Wang Xiangwen, Lin Xianghong, Dang Xiaochao
College of Computer Science and Engineering, Northwest Normal University, Lanzhou, China.
Front Neurosci. 2019 Mar 27;13:252. doi: 10.3389/fnins.2019.00252. eCollection 2019.
Neuroscience research confirms that the synaptic delays are not constant, but can be modulated.

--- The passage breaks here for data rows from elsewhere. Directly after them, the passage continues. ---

-- ===== src/Publisher/Append.antt =====
-- Appending to the stream in redis_publisher.rs: `append_with_retry`, `append_entry_locked`,
-- `normalize_live_payload` and `append_live_payload_locked`. The clock of a retry window is a list
-- with an element for each attempt that the window leaves time for, which says whether the window
-- was over when the attempt returned.
pub mod Sequence
pub mod Sent
pub mod Normal
use tycho_simulation_server.Base.{
  ℕ, ◌+◌, ◌*◌, ◌==◌, Option, none, some, List, [], ◌∷◌, Bool, true, false, not, ◌||◌, if◌then◌else◌,
  Text, checked_succ, is_blank, codes, Result, ok, err, ◌>>=◌, map_err, refuse, ◌>>◌,
}
use tycho_simulation_server.Contract.External.{Tycho}
use tycho_simulation_server.Contract.Backend.{Backend, sort_by_key}
use tycho_simulation_server.Contract.Errors.{
  MessageKind, recovery_start, recovery_chunk, recovery_catch_up, recovery_commit, Checked,
  progress_reason_empty,
}
use tycho_simulation_server.Contract.Payload.{
  Payload, updates, beats, progresses, Heartbeat, Progress, BackendHead, Envelope,
}
use tycho_simulation_server.Contract.Validate.{
  validate_heartbeat_backend_heads, validate_progress_backends,
}
use tycho_simulation_server.Contract.Recovery.{sort}
use tycho_simulation_server.Contract.Boundary.{StreamEntry}
use tycho_simulation_server.Contract.Entry.{Json, from_envelope_at}
use tycho_simulation_server.Publisher.Redis.{Fields}
use tycho_simulation_server.Publisher.Errors.{
  WriterError, stale_writer, PublishError, writer_error, append_exhausted, contract_error,
  prepared_sequence_mismatch, message_seq_overflow, not_a_live_payload, Published,
  is_stale_writer_error,
}
use tycho_simulation_server.Publisher.Size.{ensure_redis_entry_size}
use tycho_simulation_server.Publisher.State.{
  PublisherState, record_append_success, record_append_failure, allocate_state_version,
}

-- BroadcasterHeartbeat::new
unfoldable pub new_heartbeat : ℕ → Text → List BackendHead → Checked Heartbeat
new_heartbeat chain_id snapshot_id backend_heads = do
  let heads = sort_by_key (λ h. h.backend) backend_heads
  validate_heartbeat_backend_heads heads
  ok (record { chain_id = chain_id; snapshot_id = snapshot_id; backend_heads = heads })

-- BroadcasterProgress::new
unfoldable pub new_progress : ℕ → Text → List Backend → Text → Checked Progress
new_progress chain_id snapshot_id backends reason = do
  let sorted = sort backends
  validate_progress_backends sorted
  refuse (is_blank reason) progress_reason_empty
  ok (record { chain_id = chain_id; snapshot_id = snapshot_id; backends = sorted; reason = reason })

unfoldable pub normalize_live_payload : {T : Tycho} → Payload T → Text → Published (Payload T)
unfolding new_heartbeat new_progress
normalize_live_payload (updates u) snapshot_id = ok (updates u)
normalize_live_payload (beats h) snapshot_id = do
  heartbeat ← map_err contract_error (new_heartbeat h.chain_id snapshot_id h.backend_heads)
  ok (beats heartbeat)
normalize_live_payload (progresses p) snapshot_id = do
  progress ← map_err contract_error (new_progress p.chain_id snapshot_id p.backends p.reason)
  ok (progresses progress)
normalize_live_payload _ snapshot_id = err not_a_live_payload

-- What one call of the writer's `append_fenced` comes to within its time limit.
pub data Attempt : Type 0 where
  appended : Text → Attempt
  failed : WriterError → Attempt
  timed_out : Attempt

-- What the publisher is configured with and runs on: the world `W` that the writer acts on, the
-- writer, and serde_json.
pub record Environment (T : Tycho) (W : Type 0) : Type 0 where
  pub stream_key : Text
  pub chain_id : ℕ
  pub maxlen : Option ℕ
  pub max_buffered_native_blocks : ℕ
  pub json : Json T
  pub to_fields : StreamEntry → Result Text Fields
  pub send_append : ℕ → StreamEntry → W → Attempt × W

abbrev pub Outcome : Tycho → Type 0 → Type 0 → Type 0
Outcome T W A = Published A × PublisherState T × W

abbrev pub recovery_entry_max_bytes : ℕ
recovery_entry_max_bytes = 4 * 1024 * 1024

abbrev live_entry_max_bytes : ℕ
live_entry_max_bytes = 8 * 1024 * 1024

abbrev is_recovery_kind : MessageKind → Bool
is_recovery_kind recovery_start = true
is_recovery_kind recovery_chunk = true
is_recovery_kind recovery_catch_up = true
is_recovery_kind recovery_commit = true
is_recovery_kind _ = false

abbrev entry_limit : MessageKind → ℕ
entry_limit kind = if is_recovery_kind kind then recovery_entry_max_bytes else live_entry_max_bytes

abbrev pub advances_state : {T : Tycho} → Payload T → Bool
advances_state (updates u) = true
advances_state _ = false

is_stale : WriterError → Bool
is_stale stale_writer = true
is_stale _ = false

-- The error of a window that is over before an attempt.
last_or_exhausted : Option WriterError → PublishError
last_or_exhausted none = append_exhausted
last_or_exhausted (some e) = writer_error e

module _ {T : Tycho} {W : Type 0} (env : Environment T W) where
  give_up : PublishError → PublisherState T → W → Outcome T W Text
  give_up e s w = (err e, record_append_failure s, w)

  -- `again` is the rest of the loop, which goes on unless the error is final or the window is over.
  after_attempt :
      Bool
      → PublisherState T
      → (WriterError → W → Outcome T W Text)
      → Attempt × W
      → Outcome T W Text
  unfolding give_up is_stale
  after_attempt over s again (appended entry_id, w) = (ok entry_id, s, w)
  after_attempt over s again (timed_out, w) = give_up append_exhausted s w
  after_attempt over s again (failed e, w) =
      if is_stale e || over then give_up (writer_error e) s w else again e w

  unfoldable pub append_with_retry :
      List Bool → Option WriterError → PublisherState T → StreamEntry → W → Outcome T W Text
  unfolding give_up last_or_exhausted after_attempt
  append_with_retry [] last_error s entry w = give_up (last_or_exhausted last_error) s w
  append_with_retry (over ∷ clock) last_error s entry w =
      after_attempt over s (λ e v. append_with_retry clock (some e) s entry v)
        (env.send_append s.generation entry w)

  record_outcome : ℕ → Outcome T W Text → Outcome T W Text
  record_outcome next (ok entry_id, s, w) = (ok entry_id, record_append_success entry_id next s, w)
  record_outcome next (err e, s, w) = (err e, s, w)

  append_next : List Bool → PublisherState T → StreamEntry → W → Option ℕ → Outcome T W Text
  unfolding record_outcome
  append_next clock s entry w none = (err message_seq_overflow, s, w)
  append_next clock s entry w (some next) =
      record_outcome next (append_with_retry clock none s entry w)

  unfoldable pub append_entry_locked :
      List Bool → PublisherState T → StreamEntry → W → Outcome T W Text
  unfolding append_next
  append_entry_locked clock s entry w =
      if entry.message_seq == s.next_entry_seq
      then append_next clock s entry w (checked_succ entry.message_seq)
      else (err (prepared_sequence_mismatch s.next_entry_seq entry.message_seq), s, w)

  -- The entry of a live payload, once its state version is known.
  unfoldable pub live_entry : ℕ → PublisherState T → Payload T → ℕ → Published StreamEntry
  live_entry now s payload state_version = do
    let envelope : Envelope T = record {
      stream_id = s.stream_id;
      message_seq = s.next_entry_seq;
      payload = payload;
    }
    entry ←
        map_err contract_error (from_envelope_at env.json env.chain_id envelope now state_version)
    _ ←
        ensure_redis_entry_size env.to_fields env.stream_key env.maxlen entry
          (entry_limit entry.kind)
    ok entry

  commit_version : Bool → ℕ → Outcome T W Text → Outcome T W Text
  commit_version true version (ok id, s, w) =
      (ok id, record s { committed_state_version = version }, w)
  commit_version advances version outcome = outcome

  append_prepared :
      List Bool → Bool → ℕ → PublisherState T → W → Published StreamEntry → Outcome T W Text
  unfolding commit_version
  append_prepared clock advances version s w (err e) = (err e, s, w)
  append_prepared clock advances version s w (ok entry) =
      commit_version advances version (append_entry_locked clock s entry w)

  append_versioned :
      List Bool → ℕ → Payload T → W → Published ℕ × PublisherState T → Outcome T W Text
  unfolding append_prepared
  append_versioned clock now payload w (err e, s) = (err e, s, w)
  append_versioned clock now payload w (ok version, s) =
      append_prepared clock (advances_state payload) version s w (live_entry now s payload version)

  unfoldable pub append_live_payload_locked :
      List Bool → ℕ → PublisherState T → Payload T → W → Outcome T W Text
  unfolding append_versioned
  append_live_payload_locked clock now s payload w = append_versioned clock now payload w (
      if advances_state payload
      then allocate_state_version s
      else (ok s.committed_state_version, s))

This paper proposes a supervised delay learning algorithm for spiking neurons with temporal encoding, in which both the weight and delay of a synaptic connection can be adjusted to enhance the learning performance. The proposed algorithm firstly defines spike train kernels to transform discrete spike trains during the learning phase into continuous analog signals so that common mathematical operations can be performed on them, and then deduces the supervised learning rules of synaptic weights and delays by gradient descent method. The proposed algorithm is successfully applied to various spike train learning tasks, and the effects of parameters of synaptic delays are analyzed in detail. Experimental results show that the network with dynamic delays achieves higher learning accuracy and less learning epochs than the network with static delays. The delay learning algorithm is further validated on a practical example of an image classification problem. The results again show that it can achieve a good classification performance with a proper receptive field. Therefore, the synaptic delay learning is significant for practical applications and theoretical researches of spiking neural networks.
神经科学研究证实,突触延迟并非恒定不变,而是可以被调节。本文提出了一种用于具有时间编码的脉冲神经元的监督延迟学习算法,其中突触连接的权重和延迟均可调整,以提高学习性能。所提出的算法首先定义脉冲序列核,以便在学习阶段将离散的脉冲序列转换为连续的模拟信号,从而能够对其进行常见的数学运算,然后通过梯度下降法推导突触权重和延迟的监督学习规则。所提出的算法成功应用于各种脉冲序列学习任务,并详细分析了突触延迟参数的影响。实验结果表明,与具有静态延迟的网络相比,具有动态延迟的网络实现了更高的学习精度和更少的学习轮次。延迟学习算法在图像分类问题的实际示例上进一步得到验证。结果再次表明,在适当的感受野下,它可以实现良好的分类性能。因此,突触延迟学习对脉冲神经网络的实际应用和理论研究具有重要意义。